> _Task brief_
From the entries that follow, copy every line with the word "WccData".

> _Stored items_
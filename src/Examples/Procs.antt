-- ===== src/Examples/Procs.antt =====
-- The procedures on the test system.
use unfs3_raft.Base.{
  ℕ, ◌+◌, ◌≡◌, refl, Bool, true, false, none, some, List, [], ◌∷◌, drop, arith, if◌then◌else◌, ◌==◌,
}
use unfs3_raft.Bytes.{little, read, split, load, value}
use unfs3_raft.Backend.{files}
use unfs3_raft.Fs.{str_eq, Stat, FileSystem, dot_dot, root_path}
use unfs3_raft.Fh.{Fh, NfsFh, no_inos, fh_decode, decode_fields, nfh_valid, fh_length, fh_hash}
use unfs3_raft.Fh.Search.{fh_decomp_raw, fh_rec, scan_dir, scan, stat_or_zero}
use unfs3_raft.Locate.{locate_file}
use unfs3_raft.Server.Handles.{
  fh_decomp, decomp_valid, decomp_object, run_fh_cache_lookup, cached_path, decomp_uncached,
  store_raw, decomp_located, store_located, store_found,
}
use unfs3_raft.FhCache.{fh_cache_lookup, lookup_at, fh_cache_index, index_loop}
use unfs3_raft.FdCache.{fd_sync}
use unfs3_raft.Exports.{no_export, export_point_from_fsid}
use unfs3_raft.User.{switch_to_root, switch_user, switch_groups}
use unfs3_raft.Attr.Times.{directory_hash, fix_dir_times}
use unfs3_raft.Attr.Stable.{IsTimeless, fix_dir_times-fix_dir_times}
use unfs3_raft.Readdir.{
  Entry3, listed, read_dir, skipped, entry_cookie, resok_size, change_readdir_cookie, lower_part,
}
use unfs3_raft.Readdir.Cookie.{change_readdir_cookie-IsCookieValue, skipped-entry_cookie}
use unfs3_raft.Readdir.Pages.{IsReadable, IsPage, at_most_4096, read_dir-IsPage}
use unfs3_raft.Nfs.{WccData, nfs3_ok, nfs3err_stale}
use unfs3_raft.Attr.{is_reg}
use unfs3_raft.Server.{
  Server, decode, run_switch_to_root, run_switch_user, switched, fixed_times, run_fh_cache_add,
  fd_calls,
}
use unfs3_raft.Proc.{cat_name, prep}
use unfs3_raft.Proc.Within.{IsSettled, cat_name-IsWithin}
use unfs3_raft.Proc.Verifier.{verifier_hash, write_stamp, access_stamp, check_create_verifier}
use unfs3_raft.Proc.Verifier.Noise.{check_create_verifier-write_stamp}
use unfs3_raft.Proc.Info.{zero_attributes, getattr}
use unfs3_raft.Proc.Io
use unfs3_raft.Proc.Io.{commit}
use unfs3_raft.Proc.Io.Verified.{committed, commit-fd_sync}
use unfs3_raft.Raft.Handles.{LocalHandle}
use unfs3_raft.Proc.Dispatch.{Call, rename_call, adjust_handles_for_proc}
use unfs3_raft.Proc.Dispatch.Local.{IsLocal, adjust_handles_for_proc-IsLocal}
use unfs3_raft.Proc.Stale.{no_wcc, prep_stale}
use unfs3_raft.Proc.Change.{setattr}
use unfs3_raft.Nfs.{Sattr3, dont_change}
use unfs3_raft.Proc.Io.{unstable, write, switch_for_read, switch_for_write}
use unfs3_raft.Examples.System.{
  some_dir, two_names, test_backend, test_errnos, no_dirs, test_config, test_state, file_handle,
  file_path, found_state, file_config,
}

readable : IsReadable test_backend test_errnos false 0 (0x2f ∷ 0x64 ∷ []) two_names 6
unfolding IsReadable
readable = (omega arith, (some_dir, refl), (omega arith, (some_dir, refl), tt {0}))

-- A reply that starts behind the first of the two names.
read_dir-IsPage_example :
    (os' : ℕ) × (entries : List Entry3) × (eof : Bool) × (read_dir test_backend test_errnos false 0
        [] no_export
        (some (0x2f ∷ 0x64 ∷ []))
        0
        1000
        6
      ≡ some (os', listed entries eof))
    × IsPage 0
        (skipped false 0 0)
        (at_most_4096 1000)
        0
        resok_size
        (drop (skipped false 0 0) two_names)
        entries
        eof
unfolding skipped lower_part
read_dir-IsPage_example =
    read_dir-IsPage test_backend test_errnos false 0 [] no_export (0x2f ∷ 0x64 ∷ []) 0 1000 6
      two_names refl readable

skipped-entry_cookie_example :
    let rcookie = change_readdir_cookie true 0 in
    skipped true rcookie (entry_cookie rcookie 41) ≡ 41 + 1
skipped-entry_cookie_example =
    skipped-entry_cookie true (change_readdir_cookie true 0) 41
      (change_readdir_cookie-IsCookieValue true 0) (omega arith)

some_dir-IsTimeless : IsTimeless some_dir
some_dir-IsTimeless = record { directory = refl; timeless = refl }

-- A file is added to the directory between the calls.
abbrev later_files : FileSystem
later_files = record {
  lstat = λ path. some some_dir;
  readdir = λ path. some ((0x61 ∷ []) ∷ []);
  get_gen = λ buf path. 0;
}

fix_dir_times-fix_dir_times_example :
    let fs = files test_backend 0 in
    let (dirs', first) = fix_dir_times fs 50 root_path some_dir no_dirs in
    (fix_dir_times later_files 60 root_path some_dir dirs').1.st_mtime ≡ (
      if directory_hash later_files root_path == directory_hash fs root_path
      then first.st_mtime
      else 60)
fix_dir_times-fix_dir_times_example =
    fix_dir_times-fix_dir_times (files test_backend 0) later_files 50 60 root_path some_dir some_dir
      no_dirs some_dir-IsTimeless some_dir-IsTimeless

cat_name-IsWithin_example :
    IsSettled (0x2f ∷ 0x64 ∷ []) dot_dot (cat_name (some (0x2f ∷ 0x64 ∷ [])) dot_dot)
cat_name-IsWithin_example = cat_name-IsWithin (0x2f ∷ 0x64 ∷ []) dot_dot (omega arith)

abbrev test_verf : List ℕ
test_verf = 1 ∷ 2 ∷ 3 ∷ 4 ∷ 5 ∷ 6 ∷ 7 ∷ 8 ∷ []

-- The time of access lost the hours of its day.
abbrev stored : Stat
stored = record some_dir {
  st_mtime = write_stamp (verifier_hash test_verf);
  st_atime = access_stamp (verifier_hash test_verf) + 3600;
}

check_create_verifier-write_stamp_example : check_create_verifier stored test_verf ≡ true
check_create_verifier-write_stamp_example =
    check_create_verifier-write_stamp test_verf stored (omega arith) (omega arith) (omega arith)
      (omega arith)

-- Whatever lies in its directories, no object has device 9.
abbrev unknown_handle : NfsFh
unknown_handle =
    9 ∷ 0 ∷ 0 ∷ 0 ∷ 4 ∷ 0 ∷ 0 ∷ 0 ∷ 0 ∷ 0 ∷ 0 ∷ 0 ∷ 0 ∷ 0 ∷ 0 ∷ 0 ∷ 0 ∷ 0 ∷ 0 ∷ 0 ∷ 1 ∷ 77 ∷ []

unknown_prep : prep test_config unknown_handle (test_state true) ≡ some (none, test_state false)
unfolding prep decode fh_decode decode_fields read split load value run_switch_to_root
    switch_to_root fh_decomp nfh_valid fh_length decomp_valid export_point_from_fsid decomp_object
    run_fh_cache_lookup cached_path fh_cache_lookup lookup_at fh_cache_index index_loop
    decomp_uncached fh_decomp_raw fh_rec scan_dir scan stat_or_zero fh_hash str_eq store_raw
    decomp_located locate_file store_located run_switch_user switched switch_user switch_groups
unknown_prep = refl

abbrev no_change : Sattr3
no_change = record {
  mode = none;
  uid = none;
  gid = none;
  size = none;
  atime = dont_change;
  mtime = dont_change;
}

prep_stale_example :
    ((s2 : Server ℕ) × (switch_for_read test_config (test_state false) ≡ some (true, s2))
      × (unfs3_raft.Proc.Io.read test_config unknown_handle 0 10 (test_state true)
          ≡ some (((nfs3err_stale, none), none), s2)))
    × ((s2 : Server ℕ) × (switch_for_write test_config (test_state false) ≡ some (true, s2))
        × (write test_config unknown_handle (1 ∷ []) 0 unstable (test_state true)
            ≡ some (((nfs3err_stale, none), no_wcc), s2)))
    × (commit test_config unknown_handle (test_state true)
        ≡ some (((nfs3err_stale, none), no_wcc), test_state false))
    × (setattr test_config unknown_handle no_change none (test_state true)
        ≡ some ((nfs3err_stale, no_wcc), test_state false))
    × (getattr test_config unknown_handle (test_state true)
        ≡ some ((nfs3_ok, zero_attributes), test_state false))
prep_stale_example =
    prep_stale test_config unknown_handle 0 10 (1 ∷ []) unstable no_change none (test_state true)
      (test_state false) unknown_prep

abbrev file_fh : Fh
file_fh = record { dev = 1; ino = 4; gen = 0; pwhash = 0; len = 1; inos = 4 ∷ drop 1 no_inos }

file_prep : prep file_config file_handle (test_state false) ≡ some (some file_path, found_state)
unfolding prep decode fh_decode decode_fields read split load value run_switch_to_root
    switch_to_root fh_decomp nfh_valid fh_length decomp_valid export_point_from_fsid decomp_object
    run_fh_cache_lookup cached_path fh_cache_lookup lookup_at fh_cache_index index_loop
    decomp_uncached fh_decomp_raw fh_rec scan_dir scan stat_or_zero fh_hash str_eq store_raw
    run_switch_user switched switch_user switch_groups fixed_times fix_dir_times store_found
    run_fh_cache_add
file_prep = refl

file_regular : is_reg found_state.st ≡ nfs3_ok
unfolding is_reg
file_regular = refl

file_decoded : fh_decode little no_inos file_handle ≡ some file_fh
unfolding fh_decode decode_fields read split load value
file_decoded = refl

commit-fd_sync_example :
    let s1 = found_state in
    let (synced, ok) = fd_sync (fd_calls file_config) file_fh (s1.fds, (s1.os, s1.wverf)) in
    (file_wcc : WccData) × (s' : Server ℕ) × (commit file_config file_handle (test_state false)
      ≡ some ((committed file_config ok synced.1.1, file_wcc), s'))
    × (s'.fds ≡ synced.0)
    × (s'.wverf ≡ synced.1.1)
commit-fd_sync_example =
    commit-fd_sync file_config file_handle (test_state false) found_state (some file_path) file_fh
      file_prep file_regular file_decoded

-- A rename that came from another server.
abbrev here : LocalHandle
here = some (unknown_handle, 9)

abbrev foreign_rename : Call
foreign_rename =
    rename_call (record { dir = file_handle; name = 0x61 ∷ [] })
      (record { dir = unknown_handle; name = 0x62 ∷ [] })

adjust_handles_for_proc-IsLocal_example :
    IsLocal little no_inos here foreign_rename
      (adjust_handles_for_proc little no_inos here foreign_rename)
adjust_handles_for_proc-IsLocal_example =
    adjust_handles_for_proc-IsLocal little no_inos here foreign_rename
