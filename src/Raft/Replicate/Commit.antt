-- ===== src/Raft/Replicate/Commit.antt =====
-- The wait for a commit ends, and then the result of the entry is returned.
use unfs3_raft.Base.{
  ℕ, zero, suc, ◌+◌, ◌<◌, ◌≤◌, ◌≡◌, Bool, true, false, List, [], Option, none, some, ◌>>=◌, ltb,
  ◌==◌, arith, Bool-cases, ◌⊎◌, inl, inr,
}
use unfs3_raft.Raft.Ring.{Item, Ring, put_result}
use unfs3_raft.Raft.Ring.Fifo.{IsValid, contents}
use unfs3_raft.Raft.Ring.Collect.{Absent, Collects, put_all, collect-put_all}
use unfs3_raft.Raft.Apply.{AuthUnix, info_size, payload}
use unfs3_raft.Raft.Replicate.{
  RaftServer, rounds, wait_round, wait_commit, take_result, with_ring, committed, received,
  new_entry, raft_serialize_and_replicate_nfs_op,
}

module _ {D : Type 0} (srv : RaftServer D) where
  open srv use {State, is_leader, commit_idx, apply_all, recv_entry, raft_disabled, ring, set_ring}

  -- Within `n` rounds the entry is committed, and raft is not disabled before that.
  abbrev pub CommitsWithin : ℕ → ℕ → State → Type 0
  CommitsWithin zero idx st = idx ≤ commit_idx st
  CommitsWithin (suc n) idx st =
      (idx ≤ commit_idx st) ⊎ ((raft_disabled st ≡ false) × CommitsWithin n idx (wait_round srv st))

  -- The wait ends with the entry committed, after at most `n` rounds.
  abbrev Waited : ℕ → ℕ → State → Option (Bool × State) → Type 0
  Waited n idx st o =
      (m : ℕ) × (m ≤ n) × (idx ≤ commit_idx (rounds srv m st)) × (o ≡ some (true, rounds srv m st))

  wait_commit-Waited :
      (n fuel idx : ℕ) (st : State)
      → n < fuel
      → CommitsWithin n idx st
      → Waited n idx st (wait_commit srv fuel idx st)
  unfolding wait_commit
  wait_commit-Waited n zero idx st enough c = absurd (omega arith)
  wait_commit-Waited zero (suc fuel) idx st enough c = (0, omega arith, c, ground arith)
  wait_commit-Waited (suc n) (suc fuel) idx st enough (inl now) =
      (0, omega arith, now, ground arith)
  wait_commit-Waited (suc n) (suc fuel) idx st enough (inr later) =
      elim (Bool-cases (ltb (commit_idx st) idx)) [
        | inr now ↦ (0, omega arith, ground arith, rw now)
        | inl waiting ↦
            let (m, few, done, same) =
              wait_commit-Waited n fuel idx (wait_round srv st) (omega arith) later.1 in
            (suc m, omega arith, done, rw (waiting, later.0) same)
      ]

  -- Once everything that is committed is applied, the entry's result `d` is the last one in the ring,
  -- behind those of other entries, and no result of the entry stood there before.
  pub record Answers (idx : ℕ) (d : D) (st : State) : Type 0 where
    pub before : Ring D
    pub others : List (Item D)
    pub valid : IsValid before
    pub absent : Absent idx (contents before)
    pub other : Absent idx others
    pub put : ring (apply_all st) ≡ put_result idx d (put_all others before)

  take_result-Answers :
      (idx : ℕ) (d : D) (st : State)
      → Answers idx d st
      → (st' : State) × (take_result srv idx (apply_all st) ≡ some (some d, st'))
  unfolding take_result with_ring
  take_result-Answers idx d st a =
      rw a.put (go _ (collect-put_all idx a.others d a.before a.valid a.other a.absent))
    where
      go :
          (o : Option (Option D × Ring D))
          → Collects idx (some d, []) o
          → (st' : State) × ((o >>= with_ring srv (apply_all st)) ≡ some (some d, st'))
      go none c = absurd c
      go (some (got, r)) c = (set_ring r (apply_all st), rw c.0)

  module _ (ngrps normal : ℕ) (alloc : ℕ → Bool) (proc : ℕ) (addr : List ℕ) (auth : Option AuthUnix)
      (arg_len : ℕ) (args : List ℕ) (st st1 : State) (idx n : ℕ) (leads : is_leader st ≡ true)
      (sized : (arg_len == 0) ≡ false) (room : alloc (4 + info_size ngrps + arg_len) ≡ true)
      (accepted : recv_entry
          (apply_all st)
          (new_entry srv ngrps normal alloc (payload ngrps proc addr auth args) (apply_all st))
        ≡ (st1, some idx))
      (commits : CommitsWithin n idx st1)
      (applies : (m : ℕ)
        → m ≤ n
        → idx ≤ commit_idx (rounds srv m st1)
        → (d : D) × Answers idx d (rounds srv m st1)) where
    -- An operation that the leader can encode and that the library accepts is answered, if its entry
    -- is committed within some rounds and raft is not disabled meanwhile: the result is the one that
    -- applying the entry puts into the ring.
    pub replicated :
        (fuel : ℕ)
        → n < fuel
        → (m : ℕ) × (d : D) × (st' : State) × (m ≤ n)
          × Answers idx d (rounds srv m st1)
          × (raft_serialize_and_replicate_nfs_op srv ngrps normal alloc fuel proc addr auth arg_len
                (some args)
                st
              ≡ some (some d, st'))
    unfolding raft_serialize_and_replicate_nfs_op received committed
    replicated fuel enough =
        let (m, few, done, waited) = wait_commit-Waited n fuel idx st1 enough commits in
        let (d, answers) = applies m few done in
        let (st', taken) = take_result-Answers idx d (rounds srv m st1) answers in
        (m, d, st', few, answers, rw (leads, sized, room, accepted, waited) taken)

> _Expected output_
use unfs3_raft.Nfs.{WccData, nfs3_ok, nfs3err_stale}
    (file_wcc : WccData) × (s' : Server ℕ) × (commit file_config file_handle (test_state false)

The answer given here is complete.